_Assigned task_.
Write out each line of the entries below that holds the word "rest".

+-------+

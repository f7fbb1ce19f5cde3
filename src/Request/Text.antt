-- ===== src/Request/Text.antt =====
-- What the code uses of the C library on strings: `strncasecmp`, `memchr` and `strtoll`.
use niubix.Base.{
  ℕ, ◌+◌, ◌-◌, ◌*◌, ◌==◌, ◌^◌, Bool, true, false, ◌&&◌, ◌||◌, List, [], ◌∷◌, leb, if◌then◌else◌,
}
use niubix.Base.Int.{ℤ, pos, negsuc}

unfoldable pub to_lower : ℕ → ℕ
to_lower c = if leb 65 c && leb c 90 then c + 32 else c

-- `strncasecmp` of strings of one length, and 0.
unfoldable pub same_text : List ℕ → List ℕ → Bool
same_text [] [] = true
same_text (a ∷ xs) (b ∷ ys) = (to_lower a == to_lower b) && same_text xs ys
same_text _ _ = false

-- The bytes before the first `sep`: `memchr`, and what is in front of its result.
unfoldable pub before : ℕ → List ℕ → List ℕ
before sep [] = []
before sep (b ∷ bytes) = if b == sep then [] else b ∷ before sep bytes

unfoldable pub is_digit : ℕ → Bool
is_digit c = leb 48 c && leb c 57

unfoldable pub is_space : ℕ → Bool
is_space c = (c == 32) || (leb 9 c && leb c 13)

abbrev pub llong_max : ℕ
llong_max = 2 ^ 63 - 1

-- The number that the leading digits write, behind those that wrote `n`.
unfoldable pub digits_value : ℕ → List ℕ → ℕ
digits_value n [] = n
digits_value n (c ∷ chars) =
    let rest = digits_value (n * 10 + (c - 48)) chars in if is_digit c then rest else n

-- `strtoll(s, nullptr, 10)` and whether it sets `errno` to `ERANGE`.
abbrev pub clamp_pos : ℕ → ℤ × Bool
clamp_pos n = if leb n llong_max then (pos n, false) else (pos llong_max, true)

abbrev pub clamp_neg : ℕ → ℤ × Bool
clamp_neg n =
    if n == 0
    then (pos 0, false)
    else if leb n (2 ^ 63)
    then (negsuc (n - 1), false)
    else (negsuc llong_max, true)

unfoldable pub strtoll : List ℕ → ℤ × Bool
strtoll [] = (pos 0, false)
strtoll (c ∷ chars) =
    let rest = strtoll chars in
    if is_space c
    then rest
    else if c == 45
    then clamp_neg (digits_value 0 chars)
    else if c == 43
    then clamp_pos (digits_value 0 chars)
    else clamp_pos (digits_value 0 (c ∷ chars))

-- A `long long` that is stored as a `uint64_t`.
unfoldable pub to_uint64 : ℤ → ℕ
to_uint64 (pos n) = n
to_uint64 (negsuc n) = 2 ^ 64 - 1 - n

+-------+

_Reply_.
    let rest = digits_value (n * 10 + (c - 48)) chars in if is_digit c then rest else n
    let rest = strtoll chars in
    then rest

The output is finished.